The outbreak and rapid spread of the H1N1 swine influenza virus in Mexico and now the United States puts policymakers and business leaders in a difficult position vis-a-vis air travel. Pandemics exploit all the virtues of the air travel boom of the past few decades — a system that transports people and goods for travel, commerce, and economic opportunity suddenly becomes a primary agent of deadly disease. It’s the downside risk of international economic and cultural integration. Such integration still pays handsome benefits, however, and the risks can be mitigated by a multilateral public health infrastructure poised to go into action.

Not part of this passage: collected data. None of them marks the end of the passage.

-- ===== src/Sse/Drain.antt =====
-- The loop of `observe_chunk`, which services/proxy/src/anthropic.rs and services/proxy/src/openai.rs
-- share: every event that has arrived in full is taken from the buffer and observed. Fuel: each event
-- shortens the buffer, so that its length is enough.
pub mod Laws
use internal_ai_gateway.Base.{
  ℕ, zero, suc, ◌+◌, ◌≤◌, ◌<◌, ◌≡◌, refl, sym, ap, ◌∙◌, List, [], ◌∷◌, ◌++◌, All, subst, Option,
  none, some, length, drop, length-append, length-drop, append_assoc, append-nil, arith,
  Option-cases, inl, inr,
}
use internal_ai_gateway.Sse.{
  position, event_separators, with_found, first_separator, take_next_event,
}
use internal_ai_gateway.Sse.Chunks.{take_next_event-append}

-- The bytes of a stream.
unfoldable pub concat : List (List ℕ) → List ℕ
concat [] = []
concat (chunk ∷ chunks) = chunk ++ concat chunks

module _ {U : Type 0} (observe_event : U → List ℕ → U) where
  unfoldable pub drain : ℕ → U → List ℕ → U × List ℕ
  drain zero usage buffer = (usage, buffer)
  drain (suc fuel) usage buffer = elim (take_next_event buffer) [
    | none ↦ (usage, buffer)
    | some (event, rest) ↦ drain fuel (observe_event usage event) rest
  ]

  unfoldable pub observe_chunk : U × List ℕ → List ℕ → U × List ℕ
  unfolding drain
  observe_chunk (usage, buffered_event) chunk =
      let buffer = buffered_event ++ chunk in drain (length buffer) usage buffer

  -- Chunk after chunk, as they arrive.
  unfoldable pub observe_chunks : U × List ℕ → List (List ℕ) → U × List ℕ
  unfolding observe_chunk
  observe_chunks recorder [] = recorder
  observe_chunks recorder (chunk ∷ chunks) = observe_chunks (observe_chunk recorder chunk) chunks
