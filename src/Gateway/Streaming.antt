-- ===== src/Gateway/Streaming.antt =====
-- services/proxy/src/anthropic.rs and services/proxy/src/openai.rs: the task of `usage_recording_stream`,
-- which drains a provider's stream, forwards it to the client as long as the client listens, and settles
-- the reservation at the end. Where the task awaits, a `Turn` says what it finds.
pub mod Laws
use internal_ai_gateway.Base.{
  ℕ, Bool, true, false, List, [], ◌∷◌, Option, none, some, if◌then◌else◌, Result, ok, err, map_err,
}
use internal_ai_gateway.Services.{Services}
use internal_ai_gateway.Sse.Drain.{observe_chunk}
use internal_ai_gateway.Streams.{Guard, release}
use internal_ai_gateway.TokenReservation.{TokenReservation, TokenReservationManager, reconcile}
use internal_ai_gateway.TokenReservation.Writes.{TokenReservationError}

-- What becomes of `sender.send(..)`: the client takes the item, the client is gone, or the shutdown comes
-- first.
pub data SendResult : Type 0 where
  delivered disconnected cancelled : SendResult

-- What the loop finds at `provider_stream.next()`: the shutdown, a chunk, or an error, with what becomes of
-- it behind. A list of turns that ends is the end of the stream.
pub data Turn : Type 0 where
  shutdown : Turn
  chunk : List ℕ → SendResult → Turn
  failed : SendResult → Turn

-- `ProxyStreamItem`.
pub data ProxyStreamItem : Type 0 where
  bytes : List ℕ → ProxyStreamItem
  error : ProxyStreamItem

-- The error of a settlement; `panicked` stands for the `expect` on a reservation that was taken.
pub data RecordError : Type 0 where
  panicked : RecordError
  token_reservation : TokenReservationError → RecordError

-- `AnthropicStreamUsageRecorder` and `OpenAiStreamUsageRecorder`, over what they observe.
pub record StreamUsageRecorder (U : Type 0) : Type 0 where
  pub buffered_event : List ℕ
  pub recording_attempted : Bool
  pub reservation : Option TokenReservation
  pub usage : U

module _ {U : Type 0} (no_usage : U) (observe_event : U → List ℕ → U)
    (observed_tokens : U → Option ℕ) where
  unfoldable pub new : TokenReservation → StreamUsageRecorder U
  new reservation = record {
    buffered_event = [];
    recording_attempted = false;
    reservation = some reservation;
    usage = no_usage;
  }

  unfoldable pub observe : StreamUsageRecorder U → List ℕ → StreamUsageRecorder U
  observe r content =
      let (usage, buffered_event) =
        observe_chunk observe_event (r.usage, r.buffered_event) content in
      record {
        buffered_event = buffered_event;
        recording_attempted = r.recording_attempted;
        reservation = r.reservation;
        usage = usage;
      }

  -- The loop, with whether the client still listens; the items that it gets, in order.
  unfoldable pub drain_provider :
      Bool → StreamUsageRecorder U → List Turn → StreamUsageRecorder U × List ProxyStreamItem
  unfolding observe
  drain_provider downstream_connected r [] = (r, [])
  drain_provider downstream_connected r (shutdown ∷ turns) = (r, [])
  drain_provider false r (chunk content sent ∷ turns) =
      drain_provider false (observe r content) turns
  drain_provider true r (chunk content delivered ∷ turns) =
      let (recorder, items) = drain_provider true (observe r content) turns in
      (recorder, bytes content ∷ items)
  drain_provider true r (chunk content disconnected ∷ turns) =
      drain_provider false (observe r content) turns
  drain_provider true r (chunk content cancelled ∷ turns) = (observe r content, [])
  drain_provider true r (failed delivered ∷ turns) = (r, error ∷ [])
  drain_provider downstream_connected r (failed sent ∷ turns) = (r, [])

  module _ (sv : Services) (manager : TokenReservationManager) where
    abbrev taken : StreamUsageRecorder U → Bool → StreamUsageRecorder U
    taken r recording_attempted = record {
      buffered_event = r.buffered_event;
      recording_attempted = recording_attempted;
      reservation = none;
      usage = r.usage;
    }

    unfoldable pub record_observed_usage :
        StreamUsageRecorder U
        → sv.State
        → (Result RecordError (Unit {0}) × StreamUsageRecorder U) × sv.State
    record_observed_usage r a = elim r.reservation [
      | none ↦ ((err panicked, taken r true), a)
      | some reservation ↦
          let (result, b) = reconcile sv manager reservation (observed_tokens r.usage) a in
          ((map_err token_reservation result, taken r true), b)
    ]

    -- The drop of the recorder: without a runtime the reservation stays charged, else a task settles it.
    unfoldable pub drop_recorder : Bool → StreamUsageRecorder U → sv.State → sv.State
    drop_recorder has_runtime r a = if r.recording_attempted then a else elim r.reservation [
      | none ↦ a
      | some reservation ↦ elim has_runtime [
        | true ↦ (reconcile sv manager reservation (observed_tokens r.usage) a).1
        | false ↦ a
      ]
    ]

    -- The whole task. The recorder and the guard are dropped at its end.
    unfoldable pub run_task :
        TokenReservation → Guard → List Turn → sv.State → ℕ → List ProxyStreamItem × sv.State × ℕ
    unfolding new drain_provider record_observed_usage drop_recorder release
    run_task reservation guard turns a active_streams =
        let (recorder, items) = drain_provider true (new reservation) turns in
        let ((_, recorder), b) = record_observed_usage recorder a in
        (items, drop_recorder true recorder b, (release guard active_streams).1)

    -- A task that is dropped while it awaits a turn after those that it had: the recorder and the guard are
    -- dropped.
    unfoldable pub drop_task :
        Bool → TokenReservation → Guard → List Turn → sv.State → ℕ → sv.State × ℕ
    unfolding new drain_provider drop_recorder release
    drop_task has_runtime reservation guard turns a active_streams =
        let (recorder, _) = drain_provider true (new reservation) turns in
        (drop_recorder has_runtime recorder a, (release guard active_streams).1)
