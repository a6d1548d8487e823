-- ===== src/Anthropic/Handlers.antt =====
-- services/proxy/src/anthropic.rs: the handler of `/v1/anthropic/messages` and its stream, which are the
-- gateway's over this provider.
use internal_ai_gateway.Base.{ℕ, Bool, List, Text, Result, map_ok}
use internal_ai_gateway.Base.Actions.{Action}
use internal_ai_gateway.Services.{Services}
use internal_ai_gateway.EngineerAuth.{AuthenticatedEngineer}
use internal_ai_gateway.Auth.{ApiKeyHasher}
use internal_ai_gateway.Streams.{Guard}
use internal_ai_gateway.TokenReservation.{TokenReservation}
use internal_ai_gateway.Formats.{Formats}
use internal_ai_gateway.Gateway.{
  Http, Request, Response, ProxyError, RouteError, Gateway, AppState, forward, handle,
}
use internal_ai_gateway.Gateway.Streaming.{Turn, ProxyStreamItem, run_task}
use internal_ai_gateway.Anthropic.{AnthropicProxy, anthropic_provider, observed_tokens}
use internal_ai_gateway.Documents.{Document}
use internal_ai_gateway.OpenAiRequest.{IoError}
use internal_ai_gateway.AnthropicRequest.{AnthropicRequestError}
use internal_ai_gateway.AnthropicRequest.Files.{Files}
use internal_ai_gateway.AnthropicRequest.Prepare.{
  PreparedAnthropicRequest, prepare_anthropic_request,
}
use internal_ai_gateway.Anthropic.Usage.{no_usage, observe_event}

-- What is left to do with a request's body: its reads, and whether the blocking task is lost.
pub record Upload : Type 0 where
  pub worker_stops : Bool
  pub reads : List (Result IoError (List ℕ))

abbrev pub into_parts : PreparedAnthropicRequest → List ℕ × Bool × ℕ
into_parts prepared = (prepared.body, prepared.streaming, prepared.token_budget)

-- `prepare_anthropic_request`, which does not act on the services.
abbrev pub prepare :
    {S : Type 0}
    → Files
    → (List ℕ → Document)
    → Upload
    → Action S AnthropicRequestError (List ℕ × Bool × ℕ)
prepare files parse upload a =
    (map_ok into_parts (prepare_anthropic_request files parse upload.worker_stops upload.reads), a)

module _ {V : Type 0} (sv : Services) (http : Http V sv.State) (app : AppState) (f : Formats)
    (proxy : AnthropicProxy) (files : Files) (parse : List ℕ → Document) where
  unfoldable pub forward_messages :
      Guard
      → Request V Upload
      → AuthenticatedEngineer
      → Action (Gateway V sv.State) (ProxyError AnthropicRequestError) (Response V)
  unfolding forward anthropic_provider
  forward_messages = forward sv http (anthropic_provider f proxy (prepare files parse)) app

  unfoldable pub handle_messages :
      (ApiKeyHasher → Text → Text)
      → Request V Upload
      → Action (Gateway V sv.State) (RouteError AnthropicRequestError) (Response V)
  unfolding handle anthropic_provider
  handle_messages = handle sv http (anthropic_provider f proxy (prepare files parse)) app

  unfoldable pub usage_recording_stream :
      TokenReservation → Guard → List Turn → sv.State → ℕ → List ProxyStreamItem × sv.State × ℕ
  unfolding run_task observe_event observed_tokens
  usage_recording_stream =
      run_task no_usage (observe_event f) observed_tokens sv app.reservation_manager
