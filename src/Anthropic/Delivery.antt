-- ===== src/Anthropic/Delivery.antt =====
-- What a request to `/v1/anthropic/messages` has Anthropic get.
use mathlib.Core.List.Memᴰ.{Memᴰ}
use internal_ai_gateway.Base.{
  ℕ, ◌+◌, ◌≤◌, ◌≡◌, ◌⊎◌, inl, inr, refl, sym, ap, ◌∙◌, Bool, List, ◌∷◌, Text, codes, length, lookup,
  map_option, to_ascii_lowercase, Result, ok, err, map_ok, arith,
}
use internal_ai_gateway.Services.{Services}
use internal_ai_gateway.EngineerAuth.{AuthenticatedEngineer}
use internal_ai_gateway.Auth.{ApiKeyHasher, AuthError, authenticate_headers}
use internal_ai_gateway.RateLimit.{RateLimitDecision, RateLimitError, check_and_record}
use internal_ai_gateway.TokenReservation.{TokenReservation, reserve}
use internal_ai_gateway.TokenReservation.Writes.{TokenReservationError}
use internal_ai_gateway.Formats.{Formats}
use internal_ai_gateway.Documents.{Document}
use internal_ai_gateway.AnthropicRequest.{AnthropicRequestError}
use internal_ai_gateway.AnthropicRequest.Files.{Files, IsKept}
use internal_ai_gateway.AnthropicRequest.Prepare.{
  PreparedAnthropicRequest, prepare_anthropic_request, bytes_of, prepare_anthropic_request_ok,
}
use internal_ai_gateway.Gateway.{
  Http, Request, ProviderRequest, Gateway, AppState, provider_request,
}
use internal_ai_gateway.Gateway.Sends.{handle-IsAdmitted, IsUnadmitted}
use internal_ai_gateway.Anthropic.{AnthropicProxy, anthropic_provider}
use internal_ai_gateway.Anthropic.Credentials.{anthropic_key}
use internal_ai_gateway.Anthropic.Handlers.{Upload, into_parts, prepare, handle_messages}

-- A preparation that ends well, behind its parts.
parts-eq :
    (r : Result AnthropicRequestError PreparedAnthropicRequest) (body : List ℕ) (streaming : Bool)
    (budget : ℕ)
    → Path
        (Result AnthropicRequestError (List ℕ × Bool × ℕ))
        (map_ok into_parts r)
        (ok (body, streaming, budget))
    → (prepared : PreparedAnthropicRequest) × (r ≡ ok prepared)
      × (prepared.body ≡ body)
      × (prepared.token_budget ≡ budget)
parts-eq (err e) body streaming budget h = absurd (never h)
  where
    never :
        Path
          (Result AnthropicRequestError (List ℕ × Bool × ℕ))
          (err e)
          (ok (body, streaming, budget))
        → ⊥
    never q = cc
parts-eq (ok prepared) body streaming budget h = (prepared, refl, first, last)
  where
    first : prepared.body ≡ body
    first = cc

    last : prepared.token_budget ≡ budget
    last = cc

module _ {V : Type 0} (sv : Services) (http : Http V sv.State) (app : AppState) (f : Formats)
    (proxy : AnthropicProxy) (files : Files) (parse : List ℕ → Document) (kept : IsKept files) where
  -- One provider request went out: to Anthropic's address, with exactly the bytes of the client, with no
  -- value under the name of Anthropic's key but the provider's, and for an engineer whom the request's own
  -- key authenticates, whose count is within the rate limit, and who was granted a reservation that covers
  -- at least the bytes.
  abbrev pub IsDelivered :
      (ApiKeyHasher → Text → Text)
      → Request V Upload
      → Gateway V sv.State
      → List (ProviderRequest V)
      → Type 0
  IsDelivered hash_api_key request g after =
      (sent : ProviderRequest V) × (engineer : AuthenticatedEngineer) × (authenticated : sv.State)
      × (decision : RateLimitDecision) × (counted : sv.State) × (token_budget : ℕ)
      × (reservation : TokenReservation) × (reserved : sv.State) × (after ≡ sent ∷ g.sent)
      × (sent.url ≡ proxy.messages_url)
      × (sent.body ≡ bytes_of files parse request.body.reads)
      × ((name : Text) (value : V)
          → to_ascii_lowercase name ≡ codes "x-api-key"
          → Memᴰ (name, value) sent.headers
          → value ≡ http.header_value proxy.api_key)
      × Path (Result AuthError AuthenticatedEngineer × sv.State)
          (authenticate_headers http.is_whitespace sv hash_api_key app.hasher app.engineer_auth
            (map_option http.to_str (lookup (codes "x-api-key") request.headers)) g.services)
          (ok engineer, authenticated)
      × Path (Result RateLimitError RateLimitDecision × sv.State)
          (check_and_record sv app.rate_limiter engineer.user_id authenticated)
          (ok decision, counted)
      × Path (Result TokenReservationError TokenReservation × sv.State)
          (reserve sv app.reservation_manager engineer token_budget counted)
          (ok reservation, reserved)
      × (length sent.body ≤ token_budget)

  -- For one request to the gateway, Anthropic gets nothing, and the request was not admitted; or exactly
  -- one request, with exactly the bytes that the client sent, in which every header by the name of
  -- Anthropic's key, in any case, has the provider's key. The engineer that the request's own key
  -- authenticates was counted within the rate limit then, and granted a reservation of at least as many
  -- tokens as there are bytes, in this order.
  pub handle_messages-IsDelivered :
      (hash_api_key : ApiKeyHasher → Text → Text) (request : Request V Upload)
      (g : Gateway V sv.State)
      → (((handle_messages sv http app f proxy files parse hash_api_key request g).1.sent ≡ g.sent)
          × IsUnadmitted sv http
              (anthropic_provider f proxy (prepare files parse))
              app
              hash_api_key
              request
              g)
        ⊎ IsDelivered hash_api_key request g
            (handle_messages sv http app f proxy files parse hash_api_key request g).1.sent
  unfolding handle_messages anthropic_provider
  handle_messages-IsDelivered hash_api_key request g =
      elim (handle-IsAdmitted sv http (anthropic_provider f proxy (prepare files parse)) app
        hash_api_key request g) [
          | inl same ↦ inl same
          | inr
                (
                  engineer,
                  authenticated,
                  decision,
                  counted,
                  ea,
                  ec,
                  _,
                  (body, streaming, budget, a, reservation, b, ep, er, es),
                ) ↦
              let (prepared, ok_prepared, eb, ek) =
                parts-eq
                  (prepare_anthropic_request files parse request.body.worker_stops
                    request.body.reads)
                  body streaming budget (ap (λ x. x.0) ep) in
              let (metadata, _, bytes, _, sum, _, _) =
                prepare_anthropic_request_ok files parse kept request.body.worker_stops
                  request.body.reads prepared ok_prepared in
              inr (
                provider_request sv http (anthropic_provider f proxy (prepare files parse)) app
                    request.headers body,
                engineer,
                authenticated,
                decision,
                counted,
                budget,
                reservation,
                b,
                es,
                refl,
                sym eb ∙ bytes,
                λ name value k m.
                    anthropic_key sv http app f proxy (prepare files parse) request.headers body
                      name value k m,
                ea,
                ec,
                ap (λ x. reserve sv app.reservation_manager engineer budget x) (ap (λ x. x.1) ep)
                    ∙ er,
                covers body prepared.token_budget budget _ _ _ (ap length (sym eb ∙ bytes)) sum ek,
              )
        ]
    where
      covers :
          (body : List ℕ) (total budget bytes images limit : ℕ)
          → length body ≡ bytes
          → total ≡ bytes + images + limit
          → total ≡ budget
          → length body ≤ budget
      covers body total budget bytes images limit e h k = omega arith
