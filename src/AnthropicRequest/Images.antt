-- ===== src/AnthropicRequest/Images.antt =====
-- The images of a request are counted as often as they stand in it.
use internal_ai_gateway.Base.{
  ℕ, ◌+◌, ◌≤◌, ◌≡◌, refl, ap, ◌∙◌, inl, inr, Bool, true, false, Option, none, some, Text, codes,
  text_eq, if◌then◌else◌, Result, ok, err, Bool-cases, checked_add, u64_max, leb, arith,
}
use internal_ai_gateway.Documents.{
  Json, object, array, string, number, bool, null, malformed, Members, Elements, member, element,
  end_object, broken_object, end_array, broken_array,
}
use internal_ai_gateway.AnthropicRequest.{
  AnthropicRequestError, type_of, add_images, count_image_inputs, count_members, count_elements,
}

abbrev pub sum : Option ℕ → Option ℕ → Option ℕ
sum none n = none
sum (some m) none = none
sum (some m) (some n) = some (m + n)

-- The text that a member gives, where its name is `type`.
abbrev text_of : Json → Option Text
text_of (object members) = none
text_of (array elements) = none
text_of malformed = none
text_of (string text) = some text
text_of (number value) = none
text_of (bool value) = none
text_of null = none

abbrev pub declared_type : Text → Json → Option Text
declared_type name value = if text_eq name (codes "type") then text_of value else none

-- A member that declares a type is an image or not; any other one has the images of its value.
abbrev pub member_images : Option Text → Option ℕ → Option ℕ → Option ℕ
member_images none within rest = sum within rest
member_images (some text) within rest =
    sum (some (if text_eq text (codes "image") then 1 else 0)) rest

declared_type_lem : (name : Text) (value : Json) → type_of name value ≡ declared_type name value
declared_type_lem name (object members) = ground arith
declared_type_lem name (array elements) = ground arith
declared_type_lem name malformed = ground arith
declared_type_lem name (string text) = refl
declared_type_lem name (number value) = ground arith
declared_type_lem name (bool value) = ground arith
declared_type_lem name null = ground arith

-- The images of a document that is whole: its objects, at any depth, that have the type of an image.
unfoldable mutual
  pub images : Json → Option ℕ
  images (object members) = images_of_members members
  images (array elements) = images_of_elements elements
  images malformed = none
  images (string text) = some 0
  images (number value) = some 0
  images (bool value) = some 0
  images null = some 0

  pub images_of_members : Members → Option ℕ
  images_of_members end_object = some 0
  images_of_members broken_object = none
  images_of_members (member name value rest) =
      member_images (declared_type name value) (images value) (images_of_members rest)

  pub images_of_elements : Elements → Option ℕ
  images_of_elements end_array = some 0
  images_of_elements broken_array = none
  images_of_elements (element value rest) = sum (images value) (images_of_elements rest)

abbrev pub to_option : Result AnthropicRequestError ℕ → Option ℕ
to_option (ok n) = some n
to_option (err e) = none

-- A count that goes on from another.
abbrev pub added : ℕ → Option ℕ → Option ℕ
added acc none = none
added acc (some n) = checked_add acc n

go_on :
    (acc m n : ℕ) (spec_rest : Option ℕ)
    → m ≡ n
    → added (acc + m) spec_rest ≡ added acc (sum (some n) spec_rest)
go_on acc m n none e = refl
go_on acc m n (some r) e = ground arith

stops :
    (acc m n : ℕ) (spec_rest : Option ℕ)
    → m ≡ n
    → leb (acc + m) u64_max ≡ false
    → none ≡ added acc (sum (some n) spec_rest)
stops acc m n none e l = refl
stops acc m n (some r) e l = ground arith

value_then_rest :
    (acc : ℕ) (counted : Result AnthropicRequestError ℕ) (spec : Option ℕ)
    (rest : ℕ → Result AnthropicRequestError ℕ) (spec_rest : Option ℕ)
    → acc ≤ u64_max
    → to_option counted ≡ added 0 spec
    → ((n : ℕ) → n ≤ u64_max → to_option (rest n) ≡ added n spec_rest)
    → to_option (elim counted [
      | ok more ↦ elim (add_images acc more) [ ok sum ↦ rest sum | err e ↦ err e ]
      | err e ↦ err e
    ])
      ≡ added acc (sum spec spec_rest)
value_then_rest acc (err x) none rest spec_rest h e k = refl
value_then_rest acc (err x) (some m) rest none h e k = refl
value_then_rest acc (err x) (some m) rest (some n) h e k = ground arith
value_then_rest acc (ok m) none rest spec_rest h e k = absurd (never e)
  where
    never : some m ≡ none → ⊥
    never q = cc
value_then_rest acc (ok m) (some n) rest spec_rest h e k =
    let q : m ≡ n = ground arith in
    elim (Bool-cases (leb (acc + m) u64_max)) [
      | inl l ↦ rw l (k (acc + m) (ground arith) ∙ go_on acc m n spec_rest q)
      | inr l ↦ rw l (stops acc m n spec_rest q l)
    ]

-- One image more.
image_then_rest :
    (acc : ℕ) (test : Bool) (rest : ℕ → Result AnthropicRequestError ℕ) (spec_rest : Option ℕ)
    → acc ≤ u64_max
    → ((n : ℕ) → n ≤ u64_max → to_option (rest n) ≡ added n spec_rest)
    → to_option (elim test [
      | true ↦ elim (add_images acc 1) [ ok sum ↦ rest sum | err e ↦ err e ]
      | false ↦ rest acc
    ])
      ≡ added acc (sum (some (if test then 1 else 0)) spec_rest)
image_then_rest acc true rest spec_rest h k =
    value_then_rest acc (ok 1) (some 1) rest spec_rest h refl k
image_then_rest acc false rest none h k = k acc h
image_then_rest acc false rest (some n) h k = k acc h ∙ ap (checked_add acc) (omega arith)

-- A member, by the type that it gives.
member_then_rest :
    (acc : ℕ) (type : Option Text) (counted : Result AnthropicRequestError ℕ) (spec : Option ℕ)
    (rest : ℕ → Result AnthropicRequestError ℕ) (spec_rest : Option ℕ)
    → acc ≤ u64_max
    → to_option counted ≡ added 0 spec
    → ((n : ℕ) → n ≤ u64_max → to_option (rest n) ≡ added n spec_rest)
    → to_option (elim type [
      | some text ↦ elim (text_eq text (codes "image")) [
        | true ↦ elim (add_images acc 1) [ ok sum ↦ rest sum | err e ↦ err e ]
        | false ↦ rest acc
      ]
      | none ↦ elim counted [
        | ok more ↦ elim (add_images acc more) [ ok sum ↦ rest sum | err e ↦ err e ]
        | err e ↦ err e
      ]
    ])
      ≡ added acc (member_images type spec spec_rest)
member_then_rest acc none counted spec rest spec_rest h e k =
    value_then_rest acc counted spec rest spec_rest h e k
member_then_rest acc (some text) counted spec rest spec_rest h e k =
    image_then_rest acc (text_eq text (codes "image")) rest spec_rest h k

mutual
  unfolding count_image_inputs images

  counted : (document : Json) → to_option (count_image_inputs document) ≡ added 0 (images document)
  counted (object members) = counted_members 0 members (omega arith)
  counted (array elements) = counted_elements 0 elements (omega arith)
  counted malformed = refl
  counted (string text) = refl
  counted (number value) = refl
  counted (bool value) = refl
  counted null = refl

  counted_members :
      (acc : ℕ) (members : Members)
      → acc ≤ u64_max
      → to_option (count_members acc members) ≡ added acc (images_of_members members)
  counted_members acc end_object h = ground arith
  counted_members acc broken_object h = refl
  counted_members acc (member name value rest) h =
      member_then_rest acc (type_of name value) (count_image_inputs value) (images value)
        (λ n. count_members n rest) (images_of_members rest) h (counted value)
        (λ n l. counted_members n rest l)
      ∙ ap (λ type. added acc (member_images type (images value) (images_of_members rest)))
          (declared_type_lem name value)

  counted_elements :
      (acc : ℕ) (elements : Elements)
      → acc ≤ u64_max
      → to_option (count_elements acc elements) ≡ added acc (images_of_elements elements)
  counted_elements acc end_array h = ground arith
  counted_elements acc broken_array h = refl
  counted_elements acc (element value rest) h =
      value_then_rest acc (count_image_inputs value) (images value) (λ n. count_elements n rest)
        (images_of_elements rest) h (counted value) (λ n l. counted_elements n rest l)

-- The count is that of the images, if the document is whole and the number fits 64 bits; otherwise it
-- fails.
pub count_image_inputs_lem :
    (document : Json) → to_option (count_image_inputs document) ≡ added 0 (images document)
count_image_inputs_lem document = counted document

We are now in a critical moment for U.S. and World Health Organization (WHO) policymakers and the international aviation industry. To declare a pandemic right now and impose travel restrictions (as the U.S. and WHO have not done) might overstate the threat from swine flu and excessively impair travel to Mexico and U.S. border regions. But this outbreak appears to be unusually aggressive, with high mortality, suggesting that policymakers should nip it in the bud regardless of the cost to the travel industry. As the first case was reported in Europe, EU authorities issued travel advisories for the United States and Mexico. The danger to the aviation industry from either an over-aggressive response or from a widespread pandemic is high. In April and May 2003, at the height of the SARS epidemic in Southeast Asia and Canada, air traffic in the Asia-Pacific region dropped 45 and 51 percent, respectively. U.S. carriers with extensive routes in Asia — Northwest and United, especially — also suffered. This is an even worse problem in a recession, in which the prospect of future growth after an epidemic-related contraction is limited.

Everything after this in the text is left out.